An interview was conducted on July 29, 2025, at 1:55 p.m., with the Perioperative Director (PD) and Perioperative Manager (PM). The PD stated they use five OR rooms daily for scheduled and add-on (a procedure that is scheduled after the initial operating room schedule has been finalized) surgery cases. The PD further stated the provider (doctor) can call the surgery scheduler to schedule an add-on case 24/7 (24 hour/7 days a week). The PM stated the OR has scheduled on call staff consisting of a Registered Nurse circulator, a surgery technician and an anesthesia (use of medications (called anesthetics) to keep you from feeling pain during procedures or surgery) provider daily beginning at 5 p.m. or 7 p.m. for a 12-hour shift.

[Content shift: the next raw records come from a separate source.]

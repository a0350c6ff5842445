-- ===== src/Finance/Payment/Ledger.antt =====
-- What holds of the payments in every run of the calls of
-- apps/api/src/modules/finance/services/payment.service.ts.
use openlms.Base.{
  ◌≡◌, refl, ◌∙◌, Bool, false, String, List, [], ◌∷◌, ◌++◌, map, Option, none, some, =ₛ_comm, All,
  All-append, All-weaken, find-eq-none,
}
use openlms.Base.Int.{ℤ}
use openlms.Finance.Payment.{Payment, Store}
use openlms.Finance.Payment.Recording.{has_key, find_by_key}
use openlms.Finance.Payment.Runs.{Reaches, IsSound, KeepsTerms, IsKept, Reaches-keeps}

-- two payments with one idempotency key
abbrev pub same_key : Option String → Option String → Bool
same_key none other = false
same_key (some key) other = has_key key other

abbrev pub HasUniqueKeys : List Payment → Type 0
HasUniqueKeys [] = Unit
HasUniqueKeys (p ∷ payments) =
    All (λ q. same_key p.idempotency_key q.idempotency_key ≡ false) payments
    × HasUniqueKeys payments

abbrev pub IsLedger : List Payment → Type 0
IsLedger payments = HasUniqueKeys payments × All IsSound payments

change-IsSound : (f : Payment → Payment) (p : Payment) → KeepsTerms f → IsSound p → IsSound (f p)
change-IsSound f p k h = record {
  amount_positive = rw (k.amount_kept p) h.amount_positive;
  within_amount = rw (k.amount_kept p, k.allocations_kept p) h.within_amount;
  lines_nonneg = rw (k.allocations_kept p) h.lines_nonneg;
}

map-IsSound :
    (f : Payment → Payment) (payments : List Payment)
    → KeepsTerms f
    → All IsSound payments
    → All IsSound (map f payments)
map-IsSound f [] k h = tt
map-IsSound f (p ∷ payments) k h = (change-IsSound f p k h.0, map-IsSound f payments k h.1)

All-map_key :
    (f : Payment → Payment) (p : Payment) (payments : List Payment)
    → KeepsTerms f
    → All (λ q. same_key p.idempotency_key q.idempotency_key ≡ false) payments
    → All (λ q. same_key (f p).idempotency_key q.idempotency_key ≡ false) (map f payments)
All-map_key f p [] k h = tt
All-map_key f p (q ∷ payments) k h =
    (rw (k.key_kept p, k.key_kept q) h.0, All-map_key f p payments k h.1)

map-HasUniqueKeys :
    (f : Payment → Payment) (payments : List Payment)
    → KeepsTerms f
    → HasUniqueKeys payments
    → HasUniqueKeys (map f payments)
map-HasUniqueKeys f [] k h = tt
map-HasUniqueKeys f (p ∷ payments) k h =
    (All-map_key f p payments k h.0, map-HasUniqueKeys f payments k h.1)

-- A key that no row has is no row's key.
unlike : (key other : Option String) → same_key key other ≡ false → same_key other key ≡ false
unlike none none h = refl
unlike none (some k) h = refl
unlike (some k) none h = refl
unlike (some k) (some j) h = =ₛ_comm k j ∙ h

free_of_key :
    (key : Option String) (payments : List Payment)
    → find_by_key key payments ≡ none
    → All (λ q. same_key q.idempotency_key key ≡ false) payments
free_of_key none payments h = all_free payments
  where
    all_free : (ps : List Payment) → All (λ q. same_key q.idempotency_key none ≡ false) ps
    all_free [] = tt
    all_free (p ∷ ps) = (unlike none p.idempotency_key refl, all_free ps)
free_of_key (some k) payments h =
    All-weaken (λ q. has_key k q.idempotency_key ≡ false)
      (λ q. same_key q.idempotency_key (some k) ≡ false) payments
      (λ q e. unlike (some k) q.idempotency_key e)
      (find-eq-none (λ q. has_key k q.idempotency_key) payments h)

append-HasUniqueKeys :
    (p : Payment) (payments : List Payment)
    → All (λ q. same_key q.idempotency_key p.idempotency_key ≡ false) payments
    → HasUniqueKeys payments
    → HasUniqueKeys (payments ++ p ∷ [])
append-HasUniqueKeys p [] h u = (tt, tt)
append-HasUniqueKeys p (q ∷ payments) h u = (
  All-append (λ r. same_key q.idempotency_key r.idempotency_key ≡ false) payments (p ∷ []) u.0
      (h.0, tt),
  append-HasUniqueKeys p payments h.1 u.1,
)

IsLedger-IsKept : IsKept IsLedger
IsLedger-IsKept = record {
  by_change = λ f payments k h. (map-HasUniqueKeys f payments k h.0, map-IsSound f payments k h.1);
  by_add = λ p payments sound free h. (
    append-HasUniqueKeys p payments (free_of_key p.idempotency_key payments free) h.0,
    All-append IsSound payments (p ∷ []) h.1 (sound, tt),
  );
}

-- Whatever calls follow, in any order and whatever each of them read before it wrote, no two payments
-- have one idempotency key, every amount is positive, and the allocations of a payment are not
-- negative and come to no more than its amount, if it begins so.
pub Reaches-IsLedger :
    (show_decimal : ℤ → String) {s t : Store}
    → IsLedger s.payments
    → Reaches show_decimal s t
    → IsLedger t.payments
Reaches-IsLedger show_decimal h r = Reaches-keeps IsLedger IsLedger-IsKept show_decimal h r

A facility document titled, "[Facility Name] Main OR-Operating Room Schedule," dated July 1, 2025, through July 23, 2025, was reviewed. The document indicated add-on surgery cases were added on to the schedule and performed between 7:30 p.m. and 1:05 a.m.
A concurrent interview and record review were conducted on July 29, 2025, at 2:29 p.m., with the PD. The facility document titled, "[Facility Name] Main OR-Operating Room Schedule," dated July 21, 2025, through July 22, 2025, indicated the OR was using two OR rooms on July 21, 2025, and five OR rooms on July 22, 2025, for surgery cases. The PD stated Patient 19 could have been added on to these two rooms after scheduled cases were finished. The PD further stated he verified with the surgery scheduler, the Medical Doctor (MD 1) did not call them to add the patient [Patient 19] to the surgery schedule between July 21, 2025, through July 22, 2025.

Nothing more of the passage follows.